Below is the Pulumi Python program that demonstrates the creation of an EKS cluster and the deployment of Knative Serving. Note that deploying a specific Kubernetes Operator for model serving depends on the operator you choose, and may not be covered in this example.

```python
import pulumi
import pulumi_eks as eks
import pulumi_kubernetes as k8s

# Create an EKS cluster.
cluster = eks.Cluster('eks-cluster',
    # Specify the version of Kubernetes.
    version='1.21',
    # Specify the instance size for the EKS worker nodes.
    instance_type='t3.medium',
    # Specify the desired number of worker nodes.
    desired_capacity=3,
    # Specify the minimum number of worker nodes.
    min_size=1,
    # Specify the maximum number of worker nodes.
    max_size=5,
)

# Once the EKS cluster is up and running, we need to install Knative.
# Load the Knative YAML manifests from their repository or a local file.
# This could include installing Istio, or any other requirement for Knative Serving.

# A standalone version of Knative Serving which includes Kourier can be used in this case.
# The following command gets the required YAML:
# kubectl apply -f https://github.com/knative/serving/releases/download/v0.25.0/serving-crds.yaml
# kubectl apply -f https://github.com/knative/serving/releases/download/v0.25.0/serving-core.yaml
# kubectl apply -f https://github.com/knative/net-kourier/releases/download/v0.25.0/kourier.yaml

# Deploying Knative Serving using Pulumi.
knative_crds = k8s.yaml.ConfigGroup('knative-crds',
    files=['https://github.com/knative/serving/releases/download/v0.25.0/serving-crds.yaml'],
    opts=pulumi.ResourceOptions(
        provider=cluster.provider
    )
)

knative_core = k8s.yaml.ConfigGroup('knative-core',
    files=['https://github.com/knative/serving/releases/download/v0.25.0/serving-core.yaml'],
    opts=pulumi.ResourceOptions(
        provider=cluster.provider,
        depends_on=[knative_crds]
    )
)

kourier = k8s.yaml.ConfigGroup('kourier',
    files=['https://github.com/knative/net-kourier/releases/download/v0.25.0/kourier.yaml'],
    opts=pulumi.ResourceOptions(
        provider=cluster.provider,
        depends_on=[knative_core]
    )
)

# Deploy a Kubernetes Operator for model serving.
# This code assumes there’s an operator available that can be deployed using a custom YAML file.
# Replace `model-serving-operator.yaml` with the path to the operator's YAML manifest.
model_serving_operator = k8s.yaml.ConfigFile('model-serving-operator',
    file='path/to/model-serving-operator.yaml',
    opts=pulumi.ResourceOptions(
        provider=cluster.provider,
    )
)

# Export the cluster's kubeconfig.
pulumi.export('kubeconfig', cluster.kubeconfig)
```

Let me explain the components of the above program:

- `eks.Cluster`: This creates a managed Kubernetes cluster on AWS EKS. Adjust the parameters such as `instance_type`, `desired_capacity`, `min_size`, and `max_size` according to your needs.

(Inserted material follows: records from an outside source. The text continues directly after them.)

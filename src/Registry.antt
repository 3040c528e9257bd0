-- ===== src/Registry.antt =====
-- src/domain/domain.cpp, `class_registry`: the classes in the order of their names.
-- The vector is sorted, so the binary searches of <algorithm> find what a scan finds.
pub mod Laws
use stream_labs_test_assingm.Base.{
  ℕ, ◌≤◌, Bool, true, false, ◌||◌, not, Option, none, some, List, [], ◌∷◌, ◌++◌, ltb, leb, ◌==◌,
  if◌then◌else◌, length,
}
use stream_labs_test_assingm.Base.Text.{Text, text_eq, text_lt}
use stream_labs_test_assingm.Base.Result.{Result, ok, err, find_if, back}
use stream_labs_test_assingm.Contracts.{
  ErrorCode, RemoteError, ClassesPage, ListClasses, max_entries,
}
use stream_labs_test_assingm.Validation.{valid_name, valid_page_size, valid_description, make_error}
use stream_labs_test_assingm.Objects.{ClassDefinition, max_object_state_bytes}

pub record ClassRegistry (Obj : Type 0) : Type 0 where
  pub definitions : List (ClassDefinition Obj)

-- `page.names.back()`, which is undefined on no names, with the empty text in its place.
abbrev pub last_name : List Text → Text
last_name names = elim (back names) [ none ↦ [] | some n ↦ n ]

module _ {Obj : Type 0} where
  -- `null` is `none`.
  unfoldable pub find : ClassRegistry Obj → Text → Option (ClassDefinition Obj)
  find registry name = find_if (λ entry. text_eq entry.description.name name) registry.definitions

  -- The insertion at `std::ranges::lower_bound`.
  unfoldable pub insert_sorted :
      ClassDefinition Obj → List (ClassDefinition Obj) → List (ClassDefinition Obj)
  insert_sorted definition [] = definition ∷ []
  insert_sorted definition (entry ∷ entries) =
      let rest = insert_sorted definition entries in
      if text_lt entry.description.name definition.description.name
      then entry ∷ rest
      else definition ∷ entry ∷ entries

  abbrev pub found : Option (ClassDefinition Obj) → Bool
  found none = false
  found (some d) = true

  unfoldable pub add :
      ClassRegistry Obj → ClassDefinition Obj → ClassRegistry Obj × Option RemoteError
  unfolding insert_sorted
  add registry definition =
      if not (valid_description definition.description)
        || not definition.callable
        || definition.max_state_bytes == 0
        || ltb max_object_state_bytes definition.max_state_bytes
        || found (find registry definition.description.name)
      then (registry, some (make_error ErrorCode.invalid_request))
      else if leb max_entries (length registry.definitions)
      then (registry, some (make_error ErrorCode.quota_exceeded))
      else (record registry { definitions = insert_sorted definition registry.definitions }, none)

  -- `std::ranges::upper_bound`: the entries from the first name above `after` on.
  unfoldable pub names_above : Text → List (ClassDefinition Obj) → List (ClassDefinition Obj)
  names_above after [] = []
  names_above after (entry ∷ entries) =
      let rest = names_above after entries in
      if text_lt after entry.description.name then entry ∷ entries else rest

  -- The loop of `list`: the page's names, and the entries left.
  unfoldable pub fill_names :
      ℕ → List Text → List (ClassDefinition Obj) → List Text × List (ClassDefinition Obj)
  fill_names limit names [] = (names, [])
  fill_names limit names (entry ∷ entries) =
      let next = fill_names limit (names ++ entry.description.name ∷ []) entries in
      if ltb (length names) limit then next else (names, entry ∷ entries)

  abbrev pub name_cursor : List Text → List (ClassDefinition Obj) → Text
  name_cursor names [] = []
  name_cursor names (entry ∷ entries) = last_name names

  unfoldable pub list : ClassRegistry Obj → ListClasses → Result RemoteError ClassesPage
  list registry query =
      if not (valid_name query.after true) || not (valid_page_size query.limit)
      then err (make_error ErrorCode.invalid_request)
      else let (names, left) =
          fill_names query.limit [] (names_above query.after registry.definitions) in
        ok (record { names = names; next = name_cursor names left })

- `k8s.yaml.ConfigGroup`: This component deploys a set of Kubernetes resources defined in one or more YAML files. In our case, we're deploying three different sets of Knative configurations for CRDs, core components, and Kourier as a lightweight ingress.

- `k8s.yaml.ConfigFile`: Similar to `ConfigGroup`, but for deploying a single Kubernetes YAML manifest. We're using it to deploy the Kubernetes Operator for model serving. This is a placeholder for your specific operator's YAML manifest.

Remember to replace `'path/to/model-serving-operator.yaml'` with the actual path to your model serving operator's YAML file. Furthermore, you will need to configure your AWS credentials and Pulumi stack before you can deploy this code.

This program sets up the foundational infrastructure for serverless machine learning model serving on Kubernetes using Knative. The specific details of deploying and configuring the model serving operator would depend on the operator you choose, and you'd need to follow the operator's documentation for concrete steps.